Your assignment — In the listing below, locate the lines that hold the string "where". Copy those lines.

Material provided —
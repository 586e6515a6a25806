-- ===== src/Publisher/Gate.antt =====
-- The recovery gate of redis_publisher.rs, which queues live payloads while a recovery is open:
-- `begin_recovery` and what `publish_accepted_payload` does under an open gate.
pub mod Bound
use tycho_simulation_server.Base.{
  ℕ, ◌+◌, ◌-◌, ◌^◌, ◌%◌, leb, ltb, ◌==◌, Option, none, some, List, [], ◌∷◌, ◌++◌, Bool, true, false,
  not, ◌&&◌, ◌||◌, if◌then◌else◌, Text, codes, length, is_empty, format_u64, Result, ok, err,
}
use tycho_simulation_server.Contract.External.{Tycho}
use tycho_simulation_server.Contract.Backend.{Backend, native, backend_eq}
use tycho_simulation_server.Contract.Block.{complete_native_block}
use tycho_simulation_server.Contract.Payload.{
  Payload, updates, beats, UpdateMessage, UpdatePartition,
}
use tycho_simulation_server.Publisher.Errors.{
  Mode, passive, active, retired, unhealthy, PublishError, Published, is_stale_writer_error,
  is_oversized, publisher_is_retired, publisher_is_unhealthy, publisher_is_unhealthy_without_error,
  recovery_queue_is_full, handoff_is_frozen,
}
use tycho_simulation_server.Publisher.State.{
  PublisherState, StartupHandoff, record_retired, record_unhealthy,
}
use tycho_simulation_server.Publisher.State.Phases.{Admission, set_deployment_phase, retired_phase}
use tycho_simulation_server.Publisher.Append.{
  Environment, Outcome, normalize_live_payload, append_live_payload_locked,
}

-- PublisherRecoveryGate. `cancelled` is the flag that the recovery watches.
pub record RecoveryGate (T : Tycho) : Type 0 where
  pub open_recovery_id : Option Text
  pub cancelled : Option Bool
  pub complete_native_blocks : List ℕ
  pub pending_payloads : List (Payload T)
  pub max_pending_payloads : ℕ

-- PublisherRecoveryGate::default()
abbrev pub closed_gate : {T : Tycho} → RecoveryGate T
closed_gate = record {
  open_recovery_id = none;
  cancelled = none;
  complete_native_blocks = [];
  pending_payloads = [];
  max_pending_payloads = 0;
}

-- What of BroadcasterRedisPublisher changes.
pub record Publisher (T : Tycho) : Type 0 where
  pub state : PublisherState T
  pub gate : RecoveryGate T
  pub admission : Admission
  pub next_recovery_id : ℕ

-- When, and with which retry window, the entry of a number is appended.
pub record Clock : Type 0 where
  pub now : ℕ → ℕ
  pub window : ℕ → List Bool

abbrev pub max_pending_recovery_payloads : ℕ
max_pending_recovery_payloads = 1024

-- STARTUP_HANDOFF_ABORT_AFTER in milliseconds
abbrev pub startup_handoff_abort_after : ℕ
startup_handoff_abort_after = 60000

abbrev pub any_block : ℕ → List ℕ → Bool
any_block n [] = false
any_block n (b ∷ bs) = n == b || any_block n bs

-- HashSet::insert
abbrev pub insert_block : ℕ → List ℕ → List ℕ
insert_block n bs = if any_block n bs then bs else n ∷ bs

abbrev pub insert_some : Option ℕ → List ℕ → List ℕ
insert_some none bs = bs
insert_some (some n) bs = insert_block n bs

any_backend : Backend → List Backend → Bool
any_backend b [] = false
any_backend b (c ∷ cs) = backend_eq b c || any_backend b cs

module _ (T : Tycho) where
  first_native : List (UpdatePartition T) → Option ℕ
  first_native [] = none
  first_native (p ∷ ps) =
      let rest = first_native ps in
      if backend_eq p.backend native then complete_native_block T p else rest

  unfoldable pub payload_native_block : Payload T → Option ℕ
  unfolding first_native
  payload_native_block (updates u) = first_native u.partitions
  payload_native_block _ = none

  unfoldable pub queued_complete_native_blocks : List (Payload T) → List ℕ
  unfolding payload_native_block
  queued_complete_native_blocks [] = []
  queued_complete_native_blocks (p ∷ ps) =
      insert_some (payload_native_block p) (queued_complete_native_blocks ps)

  drop_backends : List Backend → List (UpdatePartition T) → List (UpdatePartition T)
  unfolding any_backend
  drop_backends backends [] = []
  drop_backends backends (p ∷ ps) =
      let rest = drop_backends backends ps in
      if any_backend p.backend backends then rest else p ∷ rest

  -- The update without the partitions of the backends, and whether anything is left.
  trim_payload : List Backend → Payload T → Option (Payload T)
  unfolding drop_backends
  trim_payload backends (updates u) =
      let kept = drop_backends backends u.partitions in
      if is_empty kept then none else some (updates (record { partitions = kept }))
  trim_payload backends p = some p

  keep_some : Option (Payload T) → List (Payload T) → List (Payload T)
  keep_some none ps = ps
  keep_some (some p) ps = p ∷ ps

  unfoldable pub trim_queued_target_backends : List Backend → List (Payload T) → List (Payload T)
  unfolding trim_payload keep_some
  trim_queued_target_backends backends [] = []
  trim_queued_target_backends backends (p ∷ ps) =
      keep_some (trim_payload backends p) (trim_queued_target_backends backends ps)

abbrev pub is_some : {A : Type 0} → Option A → Bool
is_some none = false
is_some (some a) = true

cancel : Option Bool → Option Bool
cancel none = none
cancel (some flag) = some true

abbrev is_heartbeat : {T : Tycho} → Payload T → Bool
is_heartbeat (beats h) = true
is_heartbeat _ = false

abbrev max : ℕ → ℕ → ℕ
max a b = if leb a b then b else a

module _ {T : Tycho} {W : Type 0} (env : Environment T W) where
  unfoldable pub open_gate : List Backend → Text → RecoveryGate T → RecoveryGate T
  unfolding trim_queued_target_backends queued_complete_native_blocks
  open_gate backends recovery_id g =
      let pending =
        if is_some g.open_recovery_id
        then trim_queued_target_backends T backends g.pending_payloads
        else g.pending_payloads in
      let blocks = queued_complete_native_blocks T pending in
      record {
        open_recovery_id = some recovery_id;
        cancelled = some (leb env.max_buffered_native_blocks (length blocks));
        complete_native_blocks = blocks;
        pending_payloads = pending;
        max_pending_payloads = if is_some g.open_recovery_id then g.max_pending_payloads else 0;
      }

  unfoldable pub begin_recovery : List Backend → Publisher T → Text × Publisher T
  unfolding open_gate
  begin_recovery backends p =
      let recovery_id = codes "recovery-" ++ format_u64 p.next_recovery_id in
      (
        recovery_id,
        record p {
          gate = open_gate backends recovery_id p.gate;
          next_recovery_id = (p.next_recovery_id + 1) % 2 ^ 64;
        },
      )

  note_number : Option ℕ → RecoveryGate T → RecoveryGate T
  unfolding cancel
  note_number none g = g
  note_number (some n) g =
      let blocks = insert_block n g.complete_native_blocks in
      record g {
        complete_native_blocks = blocks;
        cancelled =
            if leb env.max_buffered_native_blocks (length blocks)
            then cancel g.cancelled
            else g.cancelled;
      }

  -- The block of an accepted payload counts even where the queue is full.
  note_block : Payload T → RecoveryGate T → RecoveryGate T
  unfolding payload_native_block note_number
  note_block payload g = note_number (payload_native_block T payload) g

  push_back : Payload T → RecoveryGate T → RecoveryGate T
  push_back payload g =
      let pending = g.pending_payloads ++ payload ∷ [] in
      record g {
        pending_payloads = pending;
        max_pending_payloads = max g.max_pending_payloads (length pending);
      }

  unfoldable pub queue_payload : Payload T → RecoveryGate T → Published Unit × RecoveryGate T
  unfolding note_block push_back
  queue_payload payload g =
      if is_heartbeat payload
      then (ok tt, g)
      else (let noted = note_block payload g in
          if ltb (length g.pending_payloads) max_pending_recovery_payloads
          then (ok tt, push_back payload noted)
          else (err recovery_queue_is_full, noted))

Written answer —
pub record RecoveryGate (T : Tycho) : Type 0 where
pub record Publisher (T : Tycho) : Type 0 where
pub record Clock : Type 0 where
module _ (T : Tycho) where
module _ {T : Tycho} {W : Type 0} (env : Environment T W) where
  -- The block of an accepted payload counts even where the queue is full.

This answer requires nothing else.